We begin by proving that $\mathbb{P}(\max(B_s,B_t)\geq a) = \mathbb{P}(\max(\tilde B_s,\tilde{B}_t)\geq a)$. To see this we let $\epsilon>0$ be arbitrary and begin by choosing $\{r_{k}\}_{-\infty}^{k=0}$ such that $r_k<r_{k+1}<r_k+\epsilon$, $r_0 = a$ and $(-\infty,a) = \bigcup_{-\infty}^{k=-1}(r_k,r_{k+1})$. Assuming that $s<t$ we obtain \begin{align*} \mathbb{P}(\max(B_s,B_t)\geq a)& = \mathbb{P}\Big[(B_s\geq a)\cup \Big((B_t\geq a)\cap (B_s<a)\Big)\Big] \\ & = \mathbb{P}(B_s\geq a)+ \mathbb{P}\Big((B_t\geq a)\cap (B_s<a)\Big) \\ & = \mathbb{P}(B_s\geq a)+\sum_{-\infty}^{k=-1}\mathbb{P}\Big((B_t\geq a)\cap B_s\in (r_k,r_{k+1})\Big) \\ & \leq \mathbb{P}(B_s\geq a)+\sum_{-\infty}^{k=-1}\mathbb{P}\Big((B_t-B_s\geq a-r_{k+1})\cap B_s\in (r_k,r_{k+1})\Big) \\ & = \mathbb{P}(B_s\geq a)+\sum_{-\infty}^{k=-1}\mathbb{P}\Big((B_t-B_s\geq a-r_{k+1})\Big) \mathbb{P}\Big(B_s\in (r_k,r_{k+1})\Big) \\ & = \mathbb{P}(\tilde B_s\geq a)+\sum_{-\infty}^{k=-1}\mathbb{P}\Big((\tilde B_t-\tilde B_s\geq a-r_{k+1})\Big) \mathbb{P}\Big(\tilde B_s\in (r_k,r_{k+1})\Big) \\ & = \mathbb{P}(\tilde B_s\geq a)+\sum_{-\infty}^{k=-1}\mathbb{P}\Big((\tilde B_t\geq a+r_k-r_{k+1})\cap(\tilde B_s\in (r_k,r_{k+1}))\Big) \\ & \leq \mathbb{P}(\tilde B_s\geq a)+\sum_{-\infty}^{k=-1}\mathbb{P}\Big((\tilde B_t\geq a-\epsilon)\cap(\tilde B_s\in (r_k,r_{k+1}))\Big) \\ & = \mathbb{P}(\tilde{B}_s\geq a)+\mathbb{P}\Big((\tilde{B}_t\geq a-\epsilon)\cap (\tilde{B}_s<a)\Big)\\ & \xrightarrow{\epsilon \rightarrow 0} \mathbb{P}(\tilde{B}_s\geq a)+\mathbb{P}\Big((\tilde{B}_t\geq a)\cap (\tilde{B}_s<a)\Big)\\ & = \mathbb{P}(\max(\tilde B_s,\tilde B_t)\geq a). \end{align*} As mentioned before this shows that $\mathbb{P}(\max(B_s,B_t)\geq a)=\mathbb{P}(\max(\tilde B_s,\tilde B_t)\geq a)$.
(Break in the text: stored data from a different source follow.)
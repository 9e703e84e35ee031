-- ===== src/Pkg/Plan/Tests.antt =====
-- A repository with a dependency cycle and a virtual package (src/pkg_plan.c).
use guppy.Prelude.{◌+◌, ◌≡◌, refl, true, none, some, arith, [], ◌∷◌, if◌then◌else◌}
use guppy.Ascii.{Bytes, codes, same, is_digit, is_alpha, is_alnum, is_space}
use guppy.Deb.Depend.{
  deb_dep_parse, parse_groups, parse_alts, pieces, nest_step, parse_alt, parse_named, span,
  trimcopy, trim_end, parse_arch, parse_bracket, with_restrictions, parse_version, close_version,
}
use guppy.Deb.Version.Compare.{deb_version_satisfies}
use guppy.Pkg.Repo.{PkgRepoEntry, PkgRepo}
use guppy.Pkg.Choose.{choose_alt}
use guppy.Pkg.Plan.{
  Plan, empty_plan, new_node, expand, expand_field, expand_group, expand_groups, leave, build_plan,
  position, node_for, add_edge,
}
use guppy.Pkg.Plan.Valid.{Complete, build_plan-Complete}
use guppy.Pkg.Plan.Rounds.{expand-rounds}

abbrev entry : (name depends : Bytes) → PkgRepoEntry
entry name depends = record {
  package_name = name;
  version = codes "1";
  depends = depends;
  pre_depends = [];
  repo_root = [];
  filename = [];
}

abbrev shell : PkgRepoEntry
shell = entry (codes "sh") (codes "c | d, awk")

abbrev libc : PkgRepoEntry
libc = entry (codes "c") (codes "sh")

abbrev gawk : PkgRepoEntry
gawk = entry (codes "gawk") (codes "c")

abbrev repo : PkgRepo
repo = record {
  find_best = λ name op version.
      if same name (codes "sh")
      then some shell
      else if same name (codes "c")
      then some libc
      else none;
  find_provider = λ name. if same name (codes "awk") then some gawk else none;
  state_lookup = λ name. none;
}

shell_valid : (build_plan repo (codes "sh")).0.valid ≡ true
unfolding build_plan expand expand_field expand_groups expand_group leave position node_for add_edge
    choose_alt deb_dep_parse parse_groups parse_alts pieces nest_step parse_alt parse_named span
    trimcopy trim_end parse_arch parse_bracket with_restrictions parse_version close_version same
    is_digit is_alpha is_alnum is_space deb_version_satisfies
shell_valid = refl

build_plan-Complete_example :
    Complete repo (repo.find_best (codes "sh") none none) (build_plan repo (codes "sh"))
build_plan-Complete_example = build_plan-Complete repo (codes "sh") shell_valid

abbrev started : Plan
started = record empty_plan { n = new_node shell ∷ [] }

expand-rounds_example : expand repo 513 0 started ≡ expand repo (100 + 513) 0 started
expand-rounds_example = expand-rounds repo 100 0 started (omega arith)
Now if $\{t_1,\dotsc,t_n\}$ is a finite sequence with $t_1<t_2<\dotsc<t_n$ we observe that $B_{t_k}-B_{t_{k-1}}$ is independent from $\max_{1\leq j \leq k-1}B_{t_j}$ and hence the above argument suitably modified gives an inductive procedure of showing that \begin{equation*} \mathbb{P}\left(\max_{1\leq j \leq n}B_{t_{j}}\geq a\right) = \mathbb{P}\left(\max_{1\leq j \leq n}\tilde B_{t_{j}}\geq a\right). \end{equation*} Choosing a dense sequence of $[0,t]$ we are thus able to conclude via the continuity of paths property that \begin{equation*} \mathbb{P}\left(\max_{0\leq s\leq t}B_s\geq a\right) = \mathbb{P}\left(\max_{0\leq s\leq t}\tilde B_s\geq a\right) \end{equation*} this in fact implies that $\max_{0\leq s\leq t}B_s$ and $\max_{0\leq s\leq t}\tilde B_s$ have the same distribution. Since $\{\omega: \tau_a(\omega)\leq t\} = \{\omega: \max_{0\leq s\leq t}B_s\geq a\}$ we conclude that $\tau_a$ and $\tilde{\tau}_a$ share distribution.